---- RECORDS FOR THE EXERCISE

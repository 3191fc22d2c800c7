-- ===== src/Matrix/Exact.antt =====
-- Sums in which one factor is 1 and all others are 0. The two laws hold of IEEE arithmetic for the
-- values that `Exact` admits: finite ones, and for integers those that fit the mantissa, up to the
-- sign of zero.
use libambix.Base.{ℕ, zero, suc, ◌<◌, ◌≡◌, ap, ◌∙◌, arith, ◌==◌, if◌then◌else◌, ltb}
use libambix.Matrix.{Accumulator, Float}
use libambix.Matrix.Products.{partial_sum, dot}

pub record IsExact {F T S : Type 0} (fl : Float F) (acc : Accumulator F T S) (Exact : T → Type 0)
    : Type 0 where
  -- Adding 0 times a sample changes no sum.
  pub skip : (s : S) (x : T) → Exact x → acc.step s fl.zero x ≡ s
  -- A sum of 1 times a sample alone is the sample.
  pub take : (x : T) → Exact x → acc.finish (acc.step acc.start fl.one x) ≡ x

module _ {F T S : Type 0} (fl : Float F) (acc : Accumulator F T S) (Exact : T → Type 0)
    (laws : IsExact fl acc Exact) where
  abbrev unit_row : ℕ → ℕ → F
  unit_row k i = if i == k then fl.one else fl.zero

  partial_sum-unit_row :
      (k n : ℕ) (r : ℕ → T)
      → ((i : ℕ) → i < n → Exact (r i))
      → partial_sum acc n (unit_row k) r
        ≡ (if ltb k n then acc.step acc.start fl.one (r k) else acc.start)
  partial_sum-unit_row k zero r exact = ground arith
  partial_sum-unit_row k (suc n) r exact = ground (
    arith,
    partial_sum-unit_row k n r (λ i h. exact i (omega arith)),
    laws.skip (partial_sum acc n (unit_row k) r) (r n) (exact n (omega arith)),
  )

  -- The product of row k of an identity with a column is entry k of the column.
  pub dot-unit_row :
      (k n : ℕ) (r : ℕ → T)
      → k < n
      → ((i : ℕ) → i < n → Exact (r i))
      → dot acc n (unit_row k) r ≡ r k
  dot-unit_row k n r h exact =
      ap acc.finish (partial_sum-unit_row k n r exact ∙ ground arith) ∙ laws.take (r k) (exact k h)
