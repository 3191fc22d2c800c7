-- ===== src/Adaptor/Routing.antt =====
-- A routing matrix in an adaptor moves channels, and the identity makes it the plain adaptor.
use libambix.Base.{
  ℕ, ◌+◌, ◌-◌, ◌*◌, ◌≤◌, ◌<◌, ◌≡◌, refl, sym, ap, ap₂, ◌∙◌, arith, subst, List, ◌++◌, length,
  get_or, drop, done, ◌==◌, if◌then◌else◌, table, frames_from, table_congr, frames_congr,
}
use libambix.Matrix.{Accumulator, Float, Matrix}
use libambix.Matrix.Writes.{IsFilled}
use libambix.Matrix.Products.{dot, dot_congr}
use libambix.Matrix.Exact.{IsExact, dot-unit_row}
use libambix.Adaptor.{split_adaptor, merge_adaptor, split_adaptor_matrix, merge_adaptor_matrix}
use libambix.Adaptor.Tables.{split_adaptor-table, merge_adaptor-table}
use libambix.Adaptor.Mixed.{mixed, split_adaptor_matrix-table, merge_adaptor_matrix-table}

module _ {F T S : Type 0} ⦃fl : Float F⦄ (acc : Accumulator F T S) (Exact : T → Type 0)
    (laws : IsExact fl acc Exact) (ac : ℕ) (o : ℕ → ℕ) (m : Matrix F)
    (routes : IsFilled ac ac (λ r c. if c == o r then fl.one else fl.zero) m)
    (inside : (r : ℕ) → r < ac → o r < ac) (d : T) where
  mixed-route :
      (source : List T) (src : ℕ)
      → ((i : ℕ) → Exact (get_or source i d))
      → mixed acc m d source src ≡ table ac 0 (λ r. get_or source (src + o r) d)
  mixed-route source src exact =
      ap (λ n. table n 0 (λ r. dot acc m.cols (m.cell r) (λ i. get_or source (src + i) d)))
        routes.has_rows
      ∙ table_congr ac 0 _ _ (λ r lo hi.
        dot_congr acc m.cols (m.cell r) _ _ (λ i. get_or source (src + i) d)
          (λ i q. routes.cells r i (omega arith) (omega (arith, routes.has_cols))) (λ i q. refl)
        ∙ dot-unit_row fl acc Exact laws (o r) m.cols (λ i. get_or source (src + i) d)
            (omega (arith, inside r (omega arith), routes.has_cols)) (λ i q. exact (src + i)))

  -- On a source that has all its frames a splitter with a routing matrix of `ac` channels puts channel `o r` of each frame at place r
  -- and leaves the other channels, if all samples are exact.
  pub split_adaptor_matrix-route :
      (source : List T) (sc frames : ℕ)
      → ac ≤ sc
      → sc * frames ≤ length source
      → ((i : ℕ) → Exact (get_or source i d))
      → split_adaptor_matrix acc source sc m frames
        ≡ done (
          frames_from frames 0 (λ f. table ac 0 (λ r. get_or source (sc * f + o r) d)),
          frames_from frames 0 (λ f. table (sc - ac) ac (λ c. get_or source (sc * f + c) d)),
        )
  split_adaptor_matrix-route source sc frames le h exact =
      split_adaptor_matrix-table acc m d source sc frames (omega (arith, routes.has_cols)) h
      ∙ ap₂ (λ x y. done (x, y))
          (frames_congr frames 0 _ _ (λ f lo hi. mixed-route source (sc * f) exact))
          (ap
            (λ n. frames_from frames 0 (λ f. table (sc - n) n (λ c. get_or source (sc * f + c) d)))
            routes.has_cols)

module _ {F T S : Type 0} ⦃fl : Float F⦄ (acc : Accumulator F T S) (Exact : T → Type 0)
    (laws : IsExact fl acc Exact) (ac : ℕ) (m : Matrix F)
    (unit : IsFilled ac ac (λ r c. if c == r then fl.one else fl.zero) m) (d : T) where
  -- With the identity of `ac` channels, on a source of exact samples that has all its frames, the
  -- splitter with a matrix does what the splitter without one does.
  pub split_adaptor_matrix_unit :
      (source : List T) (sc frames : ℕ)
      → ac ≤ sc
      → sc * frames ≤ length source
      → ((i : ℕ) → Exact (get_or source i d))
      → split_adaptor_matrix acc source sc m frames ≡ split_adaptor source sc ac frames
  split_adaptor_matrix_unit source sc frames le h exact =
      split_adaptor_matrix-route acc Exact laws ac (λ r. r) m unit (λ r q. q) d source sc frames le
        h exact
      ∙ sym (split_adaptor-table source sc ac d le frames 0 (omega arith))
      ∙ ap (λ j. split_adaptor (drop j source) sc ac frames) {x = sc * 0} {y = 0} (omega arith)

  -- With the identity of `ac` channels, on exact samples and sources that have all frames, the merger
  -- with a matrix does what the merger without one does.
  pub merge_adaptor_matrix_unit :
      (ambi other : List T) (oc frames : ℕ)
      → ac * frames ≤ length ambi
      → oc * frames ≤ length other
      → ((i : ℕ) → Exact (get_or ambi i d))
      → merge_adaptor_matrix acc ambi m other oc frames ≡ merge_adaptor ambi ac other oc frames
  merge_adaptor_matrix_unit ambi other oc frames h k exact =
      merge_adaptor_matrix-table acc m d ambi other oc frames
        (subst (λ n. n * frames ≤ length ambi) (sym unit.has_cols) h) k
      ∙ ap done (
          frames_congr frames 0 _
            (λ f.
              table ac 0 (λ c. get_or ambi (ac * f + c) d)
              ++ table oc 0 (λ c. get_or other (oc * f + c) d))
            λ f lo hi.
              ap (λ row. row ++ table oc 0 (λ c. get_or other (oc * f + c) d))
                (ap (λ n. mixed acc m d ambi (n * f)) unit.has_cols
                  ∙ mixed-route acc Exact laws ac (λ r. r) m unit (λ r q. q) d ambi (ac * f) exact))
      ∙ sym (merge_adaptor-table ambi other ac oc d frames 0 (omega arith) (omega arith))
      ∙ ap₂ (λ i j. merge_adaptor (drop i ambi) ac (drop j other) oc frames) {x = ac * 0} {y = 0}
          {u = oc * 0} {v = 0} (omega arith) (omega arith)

--------

### ACTIVITY
From the first line of the data above through the line containing "pub record IsExact", repeat each line exactly, and add nothing.

### REPLY TO THE TASK
repository 3191fc22d2c800c7
-- ===== src/Matrix/Exact.antt =====
-- Sums in which one factor is 1 and all others are 0. The two laws hold of IEEE arithmetic for the
-- values that `Exact` admits: finite ones, and for integers those that fit the mantissa, up to the
-- sign of zero.
use libambix.Base.{ℕ, zero, suc, ◌<◌, ◌≡◌, ap, ◌∙◌, arith, ◌==◌, if◌then◌else◌, ltb}
use libambix.Matrix.{Accumulator, Float}
use libambix.Matrix.Products.{partial_sum, dot}

pub record IsExact {F T S : Type 0} (fl : Float F) (acc : Accumulator F T S) (Exact : T → Type 0)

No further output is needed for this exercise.